EXERCISE
The response must contain every line below in which "sigterm" appears.

STUDY MATERIAL
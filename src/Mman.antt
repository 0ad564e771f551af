-- ===== src/Mman.antt =====
-- include/pposix/mman.hpp and src/mman.cpp: memory maps. `map_failed` is MAP_FAILED; an address is
-- a number. `shm`, whose only operation is a stub that returns an error code, is modelled as it is.
-- `is_noexcept` says whether the lambda that `mmap::map` hands to `result_map` is `noexcept`. It is not
-- declared so, which makes it false; with true, `map` is what it is to be.
-- `mmap::protect` calls a function that has no definition, which is its parameter.
pub mod Laws
use Prim.Native.String.{String}
use pposix.Base.{
  ℕ, ℤ, ◌==◌, ==_iff, ◌≡◌, ◌↔◌, refl, ap, ap₂, Bool, true, not, ◌&&◌, ◌||◌, arith, if◌then◌else◌,
}
use pposix.Errno.{Sys, ErrorCode, no_error, ◌>>=◌, pure, current_errno_code}
use pposix.Call.{common_call}
use pposix.Descriptor.{Traits, Descriptor, of_raw, raw, into_result, destroy as destroy_descriptor}
use pposix.EnumFlag.{IsEnum, EnumFlag, Checked, refused, compiled, has_flag, underlying_v}
use pposix.FileDescriptor.{RawFd, raw_fd_t}
use pposix.Result.{Result, ok, err, result_map, assert_noexcept}

-- The calls of <sys/mman.h>.
pub record MmanApi (K : Type 0) : Type 0 where
  pub mmap : ℕ → ℕ → ℕ → ℕ → ℤ → ℤ → Sys K ℕ
  pub munmap : ℕ → ℕ → Sys K ℤ
  pub mprotect : ℕ → ℕ → ℕ → Sys K ℤ

pub record MmapD : Type 0 where
  pub address_ : ℕ
  pub length_ : ℕ

-- `mmap_d(void *address, size_t length)`
unfoldable pub mmap_d : ℕ → ℕ → MmapD
mmap_d address length = record { address_ = address; length_ = length }

-- `address()` and `length()`
abbrev pub map_address : MmapD → ℕ
map_address d = d.address_

abbrev pub map_length : MmapD → ℕ
map_length d = d.length_

-- `operator==`
unfoldable pub same_map : MmapD → MmapD → Bool
same_map lhs rhs = (lhs.address_ == rhs.address_) && (lhs.length_ == rhs.length_)

same_map_iff : (a b : MmapD) → (same_map a b ≡ true) ↔ (a ≡ b)
unfolding same_map mmap_d
same_map_iff a b = (
  λ h.
      ap₂ mmap_d ((==_iff a.address_ b.address_).0 (ground arith))
        ((==_iff a.length_ b.length_).0 (ground arith)),
  λ e. rw (e, (==_iff b.address_ b.address_).1 refl, (==_iff b.length_ b.length_).1 refl) refl,
)

-- `capi::mmap_protection`
pub record MmapProtection : Type 0 where
  pub bits : ℕ

abbrev pub mmap_protection : ℕ → MmapProtection
mmap_protection n = record { bits = n }

instance abbrev pub mmap_protection_enum : IsEnum MmapProtection
mmap_protection_enum = record {
  to_underlying = λ a. a.bits;
  of_underlying = mmap_protection;
  to-of_underlying = λ n. refl;
}

pub data MmapProtectionName : Type 0 where
  read write exec none : MmapProtectionName

-- `capi::mmap_flag`
pub record MmapFlag : Type 0 where
  pub bits : ℕ

abbrev pub mmap_flag : ℕ → MmapFlag
mmap_flag n = record { bits = n }

instance abbrev pub mmap_flag_enum : IsEnum MmapFlag
mmap_flag_enum = record {
  to_underlying = λ a. a.bits;
  of_underlying = mmap_flag;
  to-of_underlying = λ n. refl;
}

pub data MmapFlagName : Type 0 where
  fixed private_ shared : MmapFlagName

-- The macros of <sys/mman.h>.
pub data MmanMacro : Type 0 where
  prot_read prot_write prot_exec prot_none map_fixed map_private map_shared : MmanMacro

unfoldable pub mmap_protection_value : (MmanMacro → ℕ) → MmapProtectionName → MmapProtection
mmap_protection_value m read = mmap_protection (m prot_read)
mmap_protection_value m write = mmap_protection (m prot_write)
mmap_protection_value m exec = mmap_protection (m prot_exec)
mmap_protection_value m none = mmap_protection (m prot_none)

unfoldable pub mmap_flag_value : (MmanMacro → ℕ) → MmapFlagName → MmapFlag
mmap_flag_value m fixed = mmap_flag (m map_fixed)
mmap_flag_value m private_ = mmap_flag (m map_private)
mmap_flag_value m shared = mmap_flag (m map_shared)

-- The constants `mmap_no_access`, `mmap_read`, `mmap_write` and `mmap_execute`.
unfoldable pub protection_constant : (MmanMacro → ℕ) → MmapProtectionName → EnumFlag MmapProtection
unfolding mmap_protection_value
protection_constant m p = record { flags = mmap_protection_value m p }

-- The constants `mmap_fixed`, `mmap_private` and `mmap_shared`.
unfoldable pub mmap_flag_constant : (MmanMacro → ℕ) → MmapFlagName → EnumFlag MmapFlag
unfolding mmap_flag_value
mmap_flag_constant m f = record { flags = mmap_flag_value m f }

pub record Mmap : Type 0 where
  pub mmap_d_ : Descriptor MmapD

-- `explicit mmap(mmap_d)`
unfoldable pub mmap : MmapD → Mmap
unfolding of_raw
mmap d = record { mmap_d_ = of_raw d }

-- The messages of the `static_assert`s.
abbrev no_access_and_access : String
no_access_and_access =
    "'mmap_no_access' cannot be set with 'mmap_read', 'mmap_write' or 'mmap_execute'."

abbrev private_and_shared : String
private_and_shared = "You can only specify one of 'mmap_private' or 'mmap_shared' , not both."

module _ {K : Type 0} (os : MmanApi K) (map_failed : ℕ) where
  -- `capi::mmap_map`
  unfoldable pub mmap_map : ℕ → ℕ → MmapProtection → MmapFlag → RawFd → ℤ → Sys K (Result MmapD)
  unfolding current_errno_code mmap_d underlying_v
  mmap_map addr len prot flags fildes off = do
    ptr ← os.mmap addr len (underlying_v prot) (underlying_v flags) (raw_fd_t fildes) off
    if ptr == map_failed
        then (do e ← current_errno_code; pure (err e))
        else pure (ok (mmap_d ptr len))

  -- `capi::mmap_protect`, as it is defined.
  unfoldable pub mmap_protect : MmapD → MmapProtection → Sys K ErrorCode
  unfolding common_call underlying_v
  mmap_protect descriptor prot =
      common_call (os.mprotect descriptor.address_ descriptor.length_ (underlying_v prot))

  unfoldable pub close_mmap : MmapD → Sys K ErrorCode
  unfolding common_call
  close_mmap m = common_call (os.munmap (map_address m) (map_length m))

  -- `detail::mmap_default_close_policy`
  unfoldable pub default_close_policy : MmapD → Sys K ErrorCode
  unfolding common_call
  default_close_policy d = common_call (os.munmap (map_address d) (map_length d))

  -- `detail::get_mmap_null_d`, which returns `mmap_d{}`.
  abbrev pub get_mmap_null_d : MmapD
  get_mmap_null_d = record { address_ = map_failed; length_ = 0 }

  -- The template arguments of `unique_mmap_d`.
  unfoldable pub unique_mmap_d : Traits K MmapD
  unfolding mmap_d same_map same_map_iff close_mmap
  unique_mmap_d = record {
    get_null = get_mmap_null_d;
    same = same_map;
    same_iff = same_map_iff;
    close_policy = close_mmap;
  }

  unfoldable pub unmap : Mmap → Sys K ErrorCode
  unfolding common_call raw
  unmap m = common_call (os.munmap (map_address (raw m.mmap_d_)) (map_length (raw m.mmap_d_)))

  -- The destructor that the compiler writes: that of `mmap_d_`.
  unfoldable pub destroy : Mmap → Sys K (Unit {0})
  unfolding destroy_descriptor
  destroy m = destroy_descriptor unique_mmap_d m.mmap_d_

  module _ (m : MmanMacro → ℕ) where
    -- The condition of the first `static_assert` of `map`.
    abbrev pub protection_agrees : EnumFlag MmapProtection → Bool
    protection_agrees prot = not (
        has_flag prot (protection_constant m MmapProtectionName.none)
        && (has_flag prot (protection_constant m MmapProtectionName.read)
            || has_flag prot (protection_constant m MmapProtectionName.write)
            || has_flag prot (protection_constant m MmapProtectionName.exec)))

    -- The condition of the second.
    abbrev pub sharing_agrees : EnumFlag MmapFlag → Bool
    sharing_agrees flags = not (
        has_flag flags (mmap_flag_constant m private_)
        && has_flag flags (mmap_flag_constant m shared))

    unfoldable pub map :
        (is_noexcept : Bool)
        → ℕ
        → ℕ
        → EnumFlag MmapProtection
        → EnumFlag MmapFlag
        → RawFd
        → ℤ
        → Checked (Sys K (Result Mmap))
    unfolding result_map assert_noexcept mmap into_result unique_mmap_d
    map is_noexcept addr len prot flags fildes off =
        if protection_agrees prot
        then (if sharing_agrees flags
            then assert_noexcept is_noexcept (do
              r ← mmap_map addr len prot.flags flags.flags fildes off
              into_result unique_mmap_d (result_map r (λ d. mmap d)))
            else refused private_and_shared)
        else refused no_access_and_access

    -- `mmap::protect`, over the `capi::mmap_protect` of one argument that include/pposix/mman.hpp
    -- declares.
    unfoldable pub protect :
        (MmapProtection → Sys K ErrorCode) → EnumFlag MmapProtection → Checked (Sys K ErrorCode)
    protect declared_protect prot =
        if protection_agrees prot
        then compiled (declared_protect prot.flags)
        else refused no_access_and_access

-- `shm`
pub record Shm : Type 0 where
  pub shm_fd_ : Descriptor RawFd

-- `shm::unsafe_open`, which makes no call and returns `std::error_code{}`.
unfoldable pub unsafe_open_shm : {K : Type 0} → ℕ → Sys K (Result Shm)
unsafe_open_shm name = pure (err no_error)
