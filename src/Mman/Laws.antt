-- ===== src/Mman/Laws.antt =====
-- Which uses of `mmap::map` compile, what mapping returns, and what unmapping leaves behind.
use pposix.Base.{
  ℕ, ℤ, ◌==◌, ==_iff, ◌^◌, ◌≡◌, refl, ◌∙◌, ap, Bool, false, not, ◌&&◌, List, any, arith, Bool-cases,
  inl, inr, ◌⊎◌,
}
use pposix.Errno.{World, Sys, ErrorCode, current_errno_code, make_errno_code}
use pposix.Call.{common_call, common_call_world}
use pposix.EnumFlag.{EnumFlag, compiled, has, has_flag, underlying_v}
use pposix.EnumFlag.Laws.{join, has_flag-join, has-zero}
use pposix.File.Laws.{is_compiled}
use pposix.FileDescriptor.{RawFd, raw_fd_t}
use pposix.Mman.{
  MmanApi, MmanMacro, prot_none, map_private, map_shared, MmapProtection, mmap_protection_enum,
  MmapProtectionName, MmapFlag, mmap_flag_enum, MmapFlagName, mmap_flag_constant,
  protection_constant, mmap_map, mmap_d, MmapD, map, protect, mmap, unmap, destroy, unique_mmap_d,
  close_mmap,
}
use pposix.Result.{Result, ok, err, assert_noexcept}

module _ {K : Type 0} (os : MmanApi K) (map_failed : ℕ) where
  module _ (m : MmanMacro → ℕ) where
    no_none :
        (prot : EnumFlag MmapProtection)
        → m prot_none ≡ 0
        → has_flag prot (protection_constant m MmapProtectionName.none) ≡ false
    unfolding has_flag has protection_constant
    no_none prot zero = has-zero prot (record { bits = m prot_none }) zero

    -- When PROT_NONE is 0, and MAP_PRIVATE and MAP_SHARED are single bits, `map` compiles exactly
    -- when the two bits are not both among the flags and the function that it hands to `result_map`
    -- is `noexcept`, whatever the protection: the assertion on `mmap_no_access` never fails.
    -- `protect`, which has that assertion alone, compiles for every protection to its one call.
    pub map_compiles :
        (none_zero : m prot_none ≡ 0) (p s : ℕ) (private_bit : m map_private ≡ 2 ^ p)
        (shared_bit : m map_shared ≡ 2 ^ s) (is_noexcept : Bool) (addr len : ℕ)
        (prot : EnumFlag MmapProtection) (bits : List ℕ) (fd : RawFd) (off : ℤ)
        (declared_protect : MmapProtection → Sys K ErrorCode)
        → (is_compiled (map os map_failed m is_noexcept addr len prot (join MmapFlag bits) fd off)
            ≡ (is_noexcept && not (any (λ b. b == p) bits && any (λ b. b == s) bits)))
          × (protect os map_failed m declared_protect prot ≡ compiled (declared_protect prot.flags))
    unfolding map protect mmap_flag_constant underlying_v assert_noexcept
    map_compiles none_zero p s private_bit shared_bit is_noexcept addr len prot bits fd off
          declared_protect =
        rw
          (
            no_none prot none_zero,
            has_flag-join MmapFlag (mmap_flag_constant m MmapFlagName.private_) p private_bit bits,
            has_flag-join MmapFlag (mmap_flag_constant m MmapFlagName.shared) s shared_bit bits,
          )
          (ground arith, refl)

  -- Mapping failed with the `errno` of the call, or gave the address that the call returned with
  -- the length; destroying a map that is made from them unmaps that range once.
  abbrev pub IsMapping : ℕ → ℕ × World K → Result MmapD × World K → Type 0
  IsMapping len call got =
      ((call.0 ≡ map_failed) × (got ≡ (err (make_errno_code call.1.errno), call.1)))
      ⊎ ((d : MmapD) × (got ≡ (ok d, call.1))
          × (d ≡ mmap_d call.0 len)
          × ((v : World K) → (destroy os map_failed (mmap d) v).1 ≡ (os.munmap call.0 len v).1))

  -- When `::mmap` returns MAP_FAILED, `mmap_map` returns the error in `errno`; otherwise it returns
  -- the address with the length, and destroying a map that is made from it unmaps that range once.
  pub mmap_map_lem :
      (addr len : ℕ) (prot : MmapProtection) (flags : MmapFlag) (fd : RawFd) (off : ℤ) (w : World K)
      → IsMapping len
          (os.mmap addr len prot.bits flags.bits (raw_fd_t fd) off w)
          (mmap_map os map_failed addr len prot flags fd off w)
  unfolding mmap_map current_errno_code mmap_d destroy mmap unique_mmap_d close_mmap
  mmap_map_lem addr len prot flags fd off w =
      let call = os.mmap addr len prot.bits flags.bits (raw_fd_t fd) off w in
      elim (Bool-cases (call.0 == map_failed)) [
        | inl failed ↦ inl ((==_iff _ _).0 failed, rw failed refl)
        | inr mapped ↦ inr (
          mmap_d call.0 len,
          rw mapped refl,
          refl,
          λ v. common_call_world (os.munmap call.0 len) v,
        )
      ]

  -- `unmap` leaves the range in the map, so the destructor unmaps the same range again: whatever
  -- the first call returned, and whatever may have been mapped there since.
  pub unmap-destroy :
      (address len : ℕ) (w : World K)
      → let map = mmap (mmap_d address len) in
        (destroy os map_failed map (unmap os map_failed map w).1).1
        ≡ (os.munmap address len (os.munmap address len w).1).1
  unfolding mmap mmap_d destroy unmap unique_mmap_d close_mmap
  unmap-destroy address len w =
      common_call_world (os.munmap address len) (common_call (os.munmap address len) w).1
      ∙ ap (λ v. (os.munmap address len v).1) (common_call_world (os.munmap address len) w)
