-- ===== src/Signal.antt =====
-- include/pposix/time.hpp and include/pposix/signal.hpp: points in time and notification events.
use pposix.Base.{ℕ, ℤ, pos, ◌≡◌, ◌<◌}

-- `timespec`
pub record Timespec : Type 0 where
  pub tv_sec : ℤ
  pub tv_nsec : ℤ

-- A time since the Epoch: no negative second, and less than a second of nanoseconds.
abbrev pub IsTime : Timespec → Type 0
IsTime t = (s n : ℕ) × (t.tv_sec ≡ pos s) × (t.tv_nsec ≡ pos n) × (n < 1000000000)

-- `timespec(seconds)`
unfoldable pub timespec_of_seconds : ℤ → Timespec
timespec_of_seconds s = record { tv_sec = s; tv_nsec = pos 0 }

-- `timespec(seconds, nanoseconds)`
unfoldable pub timespec_of : ℤ → ℤ → Timespec
timespec_of s ns = record { tv_sec = s; tv_nsec = ns }

pub data SigNotify : Type 0 where
  none signal thread : SigNotify

-- The macros of <signal.h> for `sigev_notify`.
pub data SigevMacro : Type 0 where
  sigev_none sigev_signal sigev_thread : SigevMacro

unfoldable pub sig_notify_value : (SigevMacro → ℤ) → SigNotify → ℤ
sig_notify_value m none = m sigev_none
sig_notify_value m signal = m sigev_signal
sig_notify_value m thread = m sigev_thread

-- `sig_number`, an enumeration of `int`s.
pub record SigNumber : Type 0 where
  pub number : ℤ

-- `sig_number{}`
abbrev pub no_signal : SigNumber
no_signal = record { number = pos 0 }

-- The enumerators of `sig_number`, and the macros of <signal.h> that give them their values.
pub data SigName : Type 0 where
  abort alarm undefined_memory_access child_terminated : SigName
  continue_executing arithmetic_error hangup illegal_instruction : SigName
  terminal_interrupt kill pipe quit : SigName
  invalid_memory_reference stop_executing terminate terminal_stop : SigName
  process_attempting_read process_attempting_write user_defined_1 user_defined_2 : SigName
  trap high_bandwidth_data_available cpu_time_limit_exceeded file_size_limit_exceeded : SigName

pub data SigMacro : Type 0 where
  sigabrt sigalrm sigbus sigchld : SigMacro
  sigcont sigfpe sighup sigill : SigMacro
  sigint sigkill sigpipe sigquit : SigMacro
  sigsegv sigstop sigterm sigtstp : SigMacro
  sigttin sigttou sigusr1 sigusr2 : SigMacro
  sigtrap sigurg sigxcpu sigxfsz : SigMacro

unfoldable pub sig_number_macro : SigName → SigMacro
sig_number_macro abort = sigabrt
sig_number_macro alarm = sigalrm
sig_number_macro undefined_memory_access = sigbus
sig_number_macro child_terminated = sigchld
sig_number_macro continue_executing = sigcont
sig_number_macro arithmetic_error = sigfpe
sig_number_macro hangup = sighup
sig_number_macro illegal_instruction = sigill
sig_number_macro terminal_interrupt = sigint
sig_number_macro kill = sigkill
sig_number_macro pipe = sigpipe
sig_number_macro quit = sigquit
sig_number_macro invalid_memory_reference = sigsegv
sig_number_macro stop_executing = sigstop
sig_number_macro terminate = sigterm
sig_number_macro terminal_stop = sigtstp
sig_number_macro process_attempting_read = sigttin
sig_number_macro process_attempting_write = sigttou
sig_number_macro user_defined_1 = sigusr1
sig_number_macro user_defined_2 = sigusr2
sig_number_macro trap = sigtrap
sig_number_macro high_bandwidth_data_available = sigurg
sig_number_macro cpu_time_limit_exceeded = sigxcpu
sig_number_macro file_size_limit_exceeded = sigxfsz

unfoldable pub sig_number : (SigMacro → ℤ) → SigName → SigNumber
unfolding sig_number_macro
sig_number m name = record { number = m (sig_number_macro name) }

-- The union `sigval`, by the member that was written.
pub data Sigval : Type 0 where
  sival_int : ℤ → Sigval
  sival_ptr : ℕ → Sigval

-- `sigevent`; functions and attributes are addresses.
pub record Sigevent : Type 0 where
  pub sigev_notify : ℤ
  pub sigev_signo : ℤ
  pub sigev_value : Sigval
  pub sigev_notify_function : ℕ
  pub sigev_notify_attributes : ℕ

module _ (m : SigevMacro → ℤ) where
  -- The constructor that takes an `int`.
  unfoldable pub sigevent_int : SigNotify → SigNumber → ℕ → ℤ → Sigevent
  unfolding sig_notify_value
  sigevent_int notify sig callback value = record {
    sigev_notify = sig_notify_value m notify;
    sigev_signo = sig.number;
    sigev_value = sival_int value;
    sigev_notify_function = callback;
    sigev_notify_attributes = 0;
  }

  -- The constructor that takes a `void*`.
  unfoldable pub sigevent_pointer : SigNotify → SigNumber → ℕ → ℕ → Sigevent
  unfolding sig_notify_value
  sigevent_pointer notify sig callback value = record {
    sigev_notify = sig_notify_value m notify;
    sigev_signo = sig.number;
    sigev_value = sival_ptr value;
    sigev_notify_function = callback;
    sigev_notify_attributes = 0;
  }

SOLUTION TO THE EXERCISE
  sigsegv sigstop sigterm sigtstp : SigMacro
sig_number_macro terminate = sigterm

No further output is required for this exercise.